Death came from the sky - so said the people who caught the fateful day.  PHOTO NO

Death came from the sky – so said the people who caught the fateful day. PHOTO NO

The picture was completed, among others, in pages of diaries and memoirs, also by the diplomat and professor Ion Hudiță: “I saw on Pake Boulevard, close to Calea Moşilor, both sidewalks full of broken windows, and the street sergeants trying to prevent the passage of pedestrians, for fear of collapsing the walls of the buildings. I saw Taşca's house; it had all the windows broken and a collapsed balcony. I got home around three o'clock. My parents had watched from the living room window, along with my mother-in-law, the hundreds of planes shining in the sun. From Calea Moşilor to Vatra Luminoasa, not a single bomb fell.

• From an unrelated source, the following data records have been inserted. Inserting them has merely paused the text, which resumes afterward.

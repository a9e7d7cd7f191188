-- ===== src/Options/Search.antt =====
-- src/options.c: where the static variable of a search stands does not matter, as long as one row
-- passes the test.
use freenote_probe.Base.{
  append-nil, next_none, next_some, ℕ, zero, suc, ◌+◌, ◌≤◌, Bool, false, none, some, List, [], ◌∷◌,
  ◌++◌, ◌==◌, if◌then◌else◌, map, length, take, drop, ◌≡◌, refl, sym, ap, ◌∙◌, arith, Bool-cases,
  Option-cases, inl, inr,
}
use freenote_probe.Options.{first, onward, wrapped, search_from}
use freenote_probe.Options.Rows.{CliOpt}

module _ (test : CliOpt → Bool) where
  -- The indices of all rows that pass, counted from `n`.
  abbrev pub hits_from : ℕ → List CliOpt → List ℕ
  hits_from n [] = []
  hits_from n (r ∷ rows) = let rest = hits_from (suc n) rows in if test r then n ∷ rest else rest

  first_hit :
      (n : ℕ) (rows : List CliOpt) {k : ℕ}
      → first test rows ≡ some k
      → (more : List ℕ) × (hits_from n rows ≡ (n + k) ∷ more)
  unfolding first
  first_hit n [] e = cc
  first_hit n (r ∷ rows) {k} e = elim (Bool-cases (test r)) [
    | inl t ↦ (
      hits_from (suc n) rows,
      rw t (
          ap (λ m. m ∷ hits_from (suc n) rows)
            (let z : 0 ≡ k = ground (arith, rw t at e) in omega (arith, z))),
    )
    | inr t ↦
        let (m, found, z) = next_some (first test rows) (rw t at e) in
        let (more, h) = first_hit (suc n) rows found in
        (more, rw t (h ∙ ap (λ j. j ∷ more) (omega (arith, z))))
  ]

  first-none : (n : ℕ) (rows : List CliOpt) → first test rows ≡ none → hits_from n rows ≡ []
  unfolding first
  first-none n [] e = refl
  first-none n (r ∷ rows) e = elim (Bool-cases (test r)) [
    | inl t ↦ absurd (let z : some 0 ≡ none = rw t at e in cc)
    | inr t ↦ rw t (first-none (suc n) rows (next_none (first test rows) (rw t at e)))
  ]

  hits_split :
      (n c : ℕ) (rows : List CliOpt)
      → c ≤ length rows
      → hits_from n rows ≡ hits_from n (take c rows) ++ hits_from (n + c) (drop c rows)
  hits_split n zero rows h = ap (λ m. hits_from m rows) (omega arith)
  hits_split n (suc c) [] h = absurd (omega arith)
  hits_split n (suc c) (r ∷ rows) h =
      let more : hits_from (suc n) rows
          ≡ hits_from (suc n) (take c rows) ++ hits_from (n + suc c) (drop c rows) =
        hits_split (suc n) c rows (omega arith)
        ∙ ap (λ m. hits_from (suc n) (take c rows) ++ hits_from m (drop c rows)) (omega arith) in
      elim (Bool-cases (test r)) [ inl t ↦ rw t (ap (◌∷◌ n) more) | inr t ↦ rw t more ]

  behind_all : (before more : List ℕ) (x k : ℕ) → before ++ x ∷ more ≡ k ∷ [] → x ≡ k
  behind_all [] more x k e = cc
  behind_all (b ∷ []) more x k e = absurd cc
  behind_all (b ∷ c ∷ before) more x k e = absurd cc

  wrapped_only :
      (rows : List CliOpt) (start k : ℕ)
      → hits_from 0 (take start rows) ≡ k ∷ []
      → onward start (length rows) (wrapped start (first test (take start rows))) none ≡ (some k, k)
  unfolding onward wrapped
  wrapped_only rows zero k h = absurd cc
  wrapped_only rows (suc s) k h = elim (Option-cases (first test (take (suc s) rows))) [
    | inl e ↦ absurd (let z = sym (first-none 0 (take (suc s) rows) e) ∙ h in cc)
    | inr (n, e) ↦
        let (more, found) = first_hit 0 (take (suc s) rows) e in
        let same : 0 + n ≡ k = behind_all [] more (0 + n) k (sym found ∙ h) in
        let never : (suc s == 0) ≡ false = ground arith in
        let z : n ≡ k = omega (arith, same) in rw (never, e) (ap (λ j. (some j, j)) z)
  ]

  -- If one row passes, a search finds it from every position of the variable, and leaves the
  -- variable there.
  pub search_from_only :
      (rows : List CliOpt) (start k : ℕ)
      → start ≤ length rows
      → hits_from 0 rows ≡ k ∷ []
      → search_from test rows start ≡ (some k, k)
  unfolding search_from
  search_from_only rows start k h only = elim (Option-cases (first test (drop start rows))) [
    | inr (n, e) ↦
        let (more, after) = first_hit start (drop start rows) e in
        let whole : hits_from 0 (take start rows) ++ (start + n) ∷ more ≡ k ∷ [] =
          ap (λ l. hits_from 0 (take start rows) ++ l) (sym after) ∙ split in
        rw e (ap (λ j. (some j, j)) (behind_all _ more (start + n) k whole))
    | inl e ↦
        let whole : hits_from 0 (take start rows) ≡ k ∷ [] =
          sym (append-nil _)
          ∙ ap (λ l. hits_from 0 (take start rows) ++ l)
              (sym (first-none start (drop start rows) e))
          ∙ split in
        rw e (wrapped_only rows start k whole)
  ]
    where
      split : hits_from 0 (take start rows) ++ hits_from start (drop start rows) ≡ k ∷ []
      split =
          ap (λ m. hits_from 0 (take start rows) ++ hits_from m (drop start rows)) (omega arith)
          ∙ sym (hits_split 0 start rows h)
          ∙ only

-- The hits depend only on what the test reads of the rows.
pub hits_same {ℓ} :
    {K : Type ℓ} (key : CliOpt → K) (test : CliOpt → Bool)
    → ((r s : CliOpt) → key r ≡ key s → test r ≡ test s)
    → (n : ℕ) (rows rows2 : List CliOpt) → map key rows ≡ map key rows2
    → hits_from test n rows ≡ hits_from test n rows2
hits_same key test fits n [] [] e = refl
hits_same key test fits n [] (s ∷ ss) e = absurd cc
hits_same key test fits n (r ∷ rs) [] e = absurd cc
hits_same key test fits n (r ∷ rs) (s ∷ ss) e =
    let one : key r ≡ key s = cc in
    let rest : map key rs ≡ map key ss = cc in
    let more = hits_same key test fits (suc n) rs ss rest in
    elim (Bool-cases (test s)) [
      | inl t ↦ rw (fits r s one, t) (ap (◌∷◌ n) more)
      | inr t ↦ rw (fits r s one, t) more
    ]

By 4 o'clock I found out on the phone the disaster in the city, especially the Griviţa neighborhood and the North Station. At 5 o'clock Mielu Mihăiescu comes by car to visit the workshops and garages of the Society to see what damage the bombing caused. In Cobălcescu, the building suffered nothing except for the windows, all of which were broken. At the Ambassador Hotel, a bomb fell right on the sidewalk, breaking all the windows of the facade, as well as of our Central.”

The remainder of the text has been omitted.